Newspaper style was the last of all the styles of written literary English to be recognized as a specific form of writing standing apart from other forms. Information and evaluation co-exist in the modern English newspaper, and it is only in teftns of diachrony that the function of information can claim priority. In fact, all kinds of newspaper writing are to a greater or lesser degree both informative and evaluative. But, of course, it is obvious that in most of the basic newspaper "genres" one of the two functions prevails; thus, for example, news of all kinds is essentially informative, whereas the editorial is basically evaluative. Information in the English newspaper is conveyed, in the first place, through the-medium of: 1) brief news items, 2) press reports (parliamentary, of court proceedings, etc.), 3) articles purely informational in character, 4) advertisements and announcements. The newspaper also seeks to influence public opinion on political and other matters. Elements of appraisal may be observed in the very selection and way of presentation of news, in the use of specific vocabulary, such as allege and claim, casting some doubt on the facts reported, and syntactic constructions indicating a lack of assurance on the part of the reporter as to the correctness of the facts reported or his desire to avoid responsibility (for example, 'Mr. X was said to have opposed the proposal'; 'Mr. X was quoted as saying...'). To understand the language peculiarities of English newspaper style it will be sufficient to analyze the following basic newspaper features: 1) brief news items, 2) advertisements and announcements, 3) the headline, 4) the editorial.

1) The principal function of a brief news is to inform the reader. It states facts without giving explicit comments, and whatever evaluation there is in news paragraphs is for the most part implicit and as a rule unemotional. News items are essentially matter-of-fact, and stereotyped forms of expression prevail. As an invariant, the language of brief news items is stylistically neutral.
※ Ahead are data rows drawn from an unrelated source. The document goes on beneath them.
-- ===== src/Web/EntityTag.antt =====
-- pkg/web/cache.go: the entity tag of an answer, and the age that a client may keep it. The hash of
-- hook.MD5FromBytes is any function of the bytes. `itoa` is strconv.Itoa.
pub mod Match
mod Examples
use goddd.Common.Text.{codes, same, Bytes}
use goddd.Common.Int.{ℤ}
use goddd.Common.{◌&&◌, not, if◌then◌else◌, ◌||◌, Option, ◌++◌, Bool, [], List, ◌∷◌, some, false, ℕ}

pub record Request : Type 0 where
  pub method : Bytes
  pub if_none_match : Bytes

-- What the client gets: the headers in the order they are set, the status that is set here, and the
-- bytes.
pub record Answer : Type 0 where
  pub headers : List (Bytes × Bytes)
  pub status : Option ℕ
  pub sent : Bytes

-- The handlers behind write in pieces: `EtagWriter.Write` keeps them.
pub etag_write : Bytes → Bytes → Bytes
etag_write s body = body ++ s

pub etag_body : List Bytes → Bytes → Bytes
unfolding etag_write
etag_body [] body = body
etag_body (s ∷ ss) body = etag_body ss (etag_write s body)

pub ignored : List (Request → Bool) → Request → Bool
ignored [] r = false
ignored (fn ∷ fns) r = fn r || ignored fns r

pub etag_of : (Bytes → Bytes) → Bytes → Bytes
etag_of hash body = 34 ∷ (hash body ++ (34 ∷ []))

-- `EtagHandler`, where the handlers behind write `pieces`.
pub etag_handler : (Bytes → Bytes) → List (Request → Bool) → Request → List Bytes → Answer → Answer
unfolding etag_body ignored etag_of
etag_handler hash ignore_fn r pieces a =
    if ignored ignore_fn r
    then record a { sent = etag_body pieces a.sent }
    else (let body = etag_body pieces [] in
        let etag = etag_of hash body in
        let tagged = (codes "ETag", etag) ∷ a.headers in
        if not (same r.if_none_match []) && same r.if_none_match etag
        then record a { headers = tagged; status = some 304 }
        else record a { headers = tagged; sent = a.sent ++ body })

-- `CacheControlMaxAge`, before the handlers behind.
pub cache_control_max_age : (ℤ → Bytes) → ℤ → List (Request → Bool) → Request → Answer → Answer
unfolding ignored
cache_control_max_age itoa second ignore_fn r a =
    if ignored ignore_fn r
    then a
    else if same r.method (codes "GET")
    then record a { headers = (codes "Cache-Control", codes "max-age=" ++ itoa second) ∷ a.headers }
    else a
It goes without saying that the bulk of the vocabulary used in newspaper writing is neutral and common literary. But apart from this, newspaper style has its specific vocabulary features and is characterized by an extensive use of:

a) Special political and economic terms, e. g. Socialism, constitution, president, apartheid, by-election, General Assembly, gross output, per capita production.

b) Non-term political vocabulary, e. g. public, people, progressive, nation-wide, unity, peace, A characteristic feature of political vocabulary is that the border line between terms and non-terms is less distinct than in the vocabulary of other special fields. The semantic structure of some words comprises terms and non-terms, e. g. nation, crisis, agreement, member, representative, leader.

c) Newspaper clichés, i. e. stereotyped expressions, commonplace phrases familiar to the reader e. g. vital issue, pressing problem, informed sources, danger of war, to escalate a war, war hysteria, overwhelming majority, amid stormy applause.

Clichés more than anything else reflect the traditional manner of expression in newspaper writing. They are commonly looked upon as a defect of style. Indeed, some clichés, especially those based on trite images (e.g. captains of industry, pillars of society, bulwark of civilization) are pompous and hackneyed, others, such as welfare state, affluent society are false and misleading. But nevertheless, clichés are indispensable in newspaper style: they prompt the necessary associations and prevent ambiguity and misunderstanding.

d) Abbreviations. News items, press reports and headlines abound in abbreviations of various kinds. Among them abbreviated terms— names of organizations, public and state bodies, political associations, industrial and other companies, various offices, etc.—known by their initials are very common, e.g. UNO (United Nations Organization), TUG (Trades Union Congress), NATO (North Atlantic Treaty Organization), AFL-CIO (Federation of Labor-Congress of Industrial Organizations), EEC (.European Economic Community), TGWU (Transport and General Workers Union), FO (Foreign Office), PIB (Prices and Incomes Board),

e) Neologisms. These are very common in newspaper vocabulary. The newspaper is very quick to react to any new development in the life of society, in science and technology. Hence, neologisms make their way into the language of the newspaper very easily and often even spring up on newspaper pages, e.g. lunik, a splash-down (the act of bringing a spacecraft to a water surface), a teach-in (a form of campaigning through heated political discussion), backlash or white backlash (a violent reaction of American racists to the Negroes' struggle for civil rights), frontlash (a vigorous antiracist movement), stop-go policies (contradictory, indecisive and inefficient policies).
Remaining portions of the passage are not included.